As in the case of standard formal grammars, we can define a grammar tree structure for SR grammars. It suffices to consider s-items and r-items as vertices and s-productions and r-productions as edges. In Fig. 1, for example, the reader can see the SR tree structure of the word \({<}\{a^1,a^2,b^2,b^1\}, \{{\rm next}(a^1,a^2), {\rm next}(a^2,b^2), {\rm next}(b^2,b^1)\}{>}\).

Fig. 1
figure 1

The SR grammar tree structure of word \(<\{a^1,a^2,b^2,b^1\}\), \(\{{\rm next}(a^1,a^2)\), \({\rm next}(a^2,b^2)\), \({\rm next}(b^2,b^1)\}>\)

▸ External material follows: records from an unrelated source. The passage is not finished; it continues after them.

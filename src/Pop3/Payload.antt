-- ===== src/Pop3/Payload.antt =====
-- The multi-line replies of src/mailarchive/pop3_mutation.py: `_multiline`, and `retr` on it.
use mailarchive.Base.{
  ℕ, zero, suc, ◌≤◌, ◌<◌, ◌≡◌, refl, sym, ap, true, false, none, some, List, [], ◌∷◌, ◌++◌, arith,
  inl, inr, Option-cases, if◌then◌else◌, ◌==◌,
}
use mathlib.Core.List.{append_assoc, append-nil}
use mailarchive.Base.Lists.{length, length-append, All}
use mailarchive.Host.{Bytes}
use mailarchive.Pop3.Octets.{crlf, split_crlf, after_crlf, bytes_eq, starts_with}
use mailarchive.Pop3.Connection.{
  Arrival, chunk, interrupted, Connection, got, connected, read_until, wire_line, collect,
  unstuffed, arriving, pending, Sockets, command, multiline,
}
use mailarchive.Pop3.Stream.{content, read_until-Refines, Refines-some, IsReadAs}

-- RFC 1939, section 3: how a server sends the lines of a reply.
abbrev pub stuff : Bytes → Bytes
stuff [] = []
stuff (c ∷ line) = if c == b'.' then b'.' ∷ c ∷ line else c ∷ line

abbrev pub transmit : List Bytes → Bytes → Bytes
transmit [] after = b'.' ∷ 13 ∷ 10 ∷ after
transmit (line ∷ lines) after = stuff line ++ 13 ∷ 10 ∷ transmit lines after

abbrev pub payload : List Bytes → Bytes
payload [] = []
payload (line ∷ lines) = (line ++ crlf) ++ payload lines

abbrev pub IsLine : Bytes → Type 0
IsLine line = split_crlf line ≡ none

after_crlf-line :
    (c d : ℕ) (line more : Bytes)
    → after_crlf c (d ∷ line) ≡ none
    → after_crlf c (d ∷ line ++ more) ≡ none
unfolding after_crlf
after_crlf-line c d line more h = ground arith

after_crlf-both :
    (c d : ℕ) (line : Bytes)
    → IsLine (c ∷ d ∷ line)
    → (after_crlf c (d ∷ line) ≡ none) × IsLine (d ∷ line)
unfolding split_crlf
after_crlf-both c d line h = elim (Option-cases (after_crlf c (d ∷ line))) [
  | inr (after, e) ↦ cc (e, h)
  | inl e ↦ elim (Option-cases (split_crlf (d ∷ line))) [
    | inr (parts, f) ↦ cc (e, f, h)
    | inl f ↦ (e, f)
  ]
]

split_crlf-line :
    (line more : Bytes) → IsLine line → split_crlf (line ++ 13 ∷ 10 ∷ more) ≡ some (line, more)
unfolding split_crlf after_crlf
split_crlf-line [] more h = refl
split_crlf-line (c ∷ []) more h = ground arith
split_crlf-line (c ∷ d ∷ line) more h =
    let (e, f) = after_crlf-both c d line h in
    rw (after_crlf-line c d line (13 ∷ 10 ∷ more) e, split_crlf-line (d ∷ line) more f) refl

split_crlf-stuff :
    (line more : Bytes)
    → IsLine line
    → split_crlf (stuff line ++ 13 ∷ 10 ∷ more) ≡ some (stuff line, more)
unfolding split_crlf after_crlf
split_crlf-stuff [] more h = refl
split_crlf-stuff (c ∷ line) more h = ground (arith, split_crlf-line (c ∷ line) more h)

unstuffed-stuff : (line : Bytes) → unstuffed (stuff line ++ crlf) ≡ line ++ crlf
unfolding unstuffed starts_with
unstuffed-stuff [] = refl
unstuffed-stuff (c ∷ line) = ground arith

stuff-isnt_end : (line : Bytes) → bytes_eq (stuff line ++ crlf) (b'.' ∷ crlf) ≡ false
unfolding bytes_eq
stuff-isnt_end [] = refl
stuff-isnt_end (c ∷ line) = ground arith

collect-line :
    (fuel : ℕ) (result line : Bytes) (c d : Connection)
    → read_until c ≡ got line d
    → bytes_eq (line ++ crlf) (b'.' ∷ crlf) ≡ false
    → collect (suc fuel) result c ≡ collect fuel (result ++ unstuffed (line ++ crlf)) d
unfolding collect wire_line
collect-line fuel result line c d h more = cc (h, more)

collect-end :
    (fuel : ℕ) (result line : Bytes) (c d : Connection)
    → read_until c ≡ got line d
    → bytes_eq (line ++ crlf) (b'.' ∷ crlf) ≡ true
    → collect (suc fuel) result c ≡ got result d
unfolding collect wire_line
collect-end fuel result line c d h last = cc (h, last)

split_crlf-end : (after : Bytes) → split_crlf (transmit [] after) ≡ some (b'.' ∷ [], after)
unfolding split_crlf after_crlf
split_crlf-end after = refl

end_line : bytes_eq (b'.' ∷ crlf) (b'.' ∷ crlf) ≡ true
unfolding bytes_eq
end_line = refl

reads :
    (c : Connection) (arrivals : List Arrival) (buffer line rest : Bytes)
    → split_crlf (buffer ++ content arrivals) ≡ some (line, rest)
    → IsReadAs c (read_until (connected c arrivals buffer)) line rest
reads c arrivals buffer line rest h =
    Refines-some (connected c arrivals buffer) line rest (read_until-Refines c arrivals buffer) h

pub collect-transmit :
    (c : Connection) (lines : List Bytes) (result after : Bytes) (fuel : ℕ)
    (arrivals : List Arrival) (buffer : Bytes)
    → All IsLine lines
    → length lines < fuel
    → buffer ++ content arrivals ≡ transmit lines after
    → IsReadAs c (collect fuel result (connected c arrivals buffer)) (result ++ payload lines) after
collect-transmit c lines result after zero arrivals buffer good enough sent = grind arith
collect-transmit c [] result after (suc fuel) arrivals buffer good enough sent =
    let (left, kept, e, s) =
      reads c arrivals buffer (b'.' ∷ []) after (rw sent (split_crlf-end after)) in
    (
      left,
      kept,
      rw
          (
            append-nil result,
            collect-end fuel result (b'.' ∷ []) (connected c arrivals buffer)
                (connected c left kept) e end_line,
          )
          refl,
      s,
    )
collect-transmit c (line ∷ lines) result after (suc fuel) arrivals buffer good enough sent =
    let (left, kept, e, s) =
      reads c arrivals buffer (stuff line) (transmit lines after)
        (rw sent (split_crlf-stuff line (transmit lines after) good.0)) in
    let further =
      collect-transmit c lines (result ++ (line ++ crlf)) after fuel left kept good.1
        (omega (arith, enough)) s in
    rw
      (
        collect-line fuel result (stuff line) (connected c arrivals buffer) (connected c left kept)
            e (stuff-isnt_end line),
        unstuffed-stuff line,
        sym (append_assoc result (line ++ crlf) (payload lines)),
      )
      further

length-transmit :
    (lines : List Bytes) (after : Bytes) → length lines ≤ length (transmit lines after)
length-transmit [] after = omega arith
length-transmit (line ∷ lines) after = omega (
  arith,
  length-transmit lines after,
  length-append (stuff line) (13 ∷ 10 ∷ transmit lines after),
)

length-content : (arrivals : List Arrival) → length (content arrivals) ≤ arriving arrivals
unfolding arriving
length-content [] = omega arith
length-content (interrupted ∷ more) = omega arith
length-content (chunk [] ∷ more) = omega arith
length-content (chunk (c ∷ bytes) ∷ more) =
    omega (arith, length-content more, length-append bytes (content more))

length-pending :
    (c : Connection) (arrivals : List Arrival) (buffer : Bytes)
    → length (buffer ++ content arrivals) ≤ pending (connected c arrivals buffer)
unfolding pending
length-pending c arrivals buffer =
    omega (arith, length-content arrivals, length-append buffer (content arrivals))

-- A server that has accepted the command and sends these lines by RFC 1939, each free of CR LF, in
-- whatever pieces they arrive and whatever follows them: `_multiline` returns exactly the lines,
-- each with its CR LF, and leaves what follows to be read.
pub multiline-transmit :
    (net : Sockets) (line status : Bytes) (c d : Connection) (arrivals : List Arrival)
    (buffer after : Bytes) (lines : List Bytes)
    → command net line c ≡ got status (connected d arrivals buffer)
    → All IsLine lines
    → buffer ++ content arrivals ≡ transmit lines after
    → IsReadAs d (multiline net line c) (payload lines) after
unfolding multiline
multiline-transmit net line status c d arrivals buffer after lines accepted good sent =
    rw accepted (
      collect-transmit d lines [] after (suc (pending (connected d arrivals buffer))) arrivals
        buffer good
        (omega
          (arith, length-transmit lines after, length-pending d arrivals buffer, ap length sent))
        sent)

Let us see now how to obtain the semantics of the word through the SR grammar tree structure. Following Knuth’s approach (1968), we attach attributes to the leaves of the syntax tree (s-items, r-items) and calculate the values of these attributes for non-leave nodes, in a bottom-up approach based on attribute-value rules corresponding to the rewrite rules of the grammar. For example, if we consider the semantics of terminal s-items to be integer numbers and concatenation to be multiplication, then the semantics of the word aabb would be the product of the four values of terminal symbols. More precisely, let us consider \(*_{\sigma }\) to be the numeric values of terminal symbols \(*\), and let us write:

$$\begin{aligned}&{\rm next}(*^1,*^2)_{\sigma }\leftarrow *^1_{\sigma }\times *^2_{\sigma }\quad \text {(where * can\,be\,any\,terminal)}\\ s_0{:}\,&S^0_{\sigma }\leftarrow \square_{\sigma }\\ s_1{:}\,&\bigcirc _{\sigma }\leftarrow \frac{{\rm next}(a^1,\square)_{\sigma }\times {\rm next}(\square,b^1)_{\sigma }}{\square_{\sigma }}\\ r_{\{1\},1}{:}\,&{\rm next}(*,\bigcirc )_{\sigma }\leftarrow {\rm next}(*,\square)_{\sigma }\quad \text {(where * can\,be\,any\,symbol)}\\ r_{\{1\},2}{:}\,&{\rm next}(\bigcirc ,*)_{\sigma }\leftarrow {\rm next}(\square,* )_{\sigma }\quad \text {(where * can\,be\,any\,symbol)}\\ s_2{:}\,&\bigcirc _{\sigma }\leftarrow {\rm next}(a^1,b^1)_{\sigma }\\ r_{\{2\},1}{:}\,&{\rm next}(*,\bigcirc )_{\sigma }\leftarrow {\rm next}(*,a^2)_{\sigma }\quad \text {(where * can\,be\,any\,symbol)}\\ r_{\{2\},2}{:}\,&{\rm next}(\bigcirc ,*)_{\sigma }\leftarrow {\rm next}(b^2,*)_{\sigma }\quad \text {(where * can\,be\,any\,symbol)}. \end{aligned}$$

In Fig. 2, the reader can see the values of nodes of the tree of Fig. 1 when the semantic rules above are applied, starting from the bottom (we consider multiplication \(\times \) to be commutative and associative). As can be seen in the figure, the value of the complete word is equal to the product of the values of the terminal symbols, as expected.

Fig. 2
figure 2

The semantics of the SR grammar tree structure of word \(<\{a^1,a^2,b^2,b^1\}\), \(\{{\rm next}(a^1,a^2)\), \({\rm next}(a^2,b^2)\), \({\rm next}(b^2,b^1)\}>\)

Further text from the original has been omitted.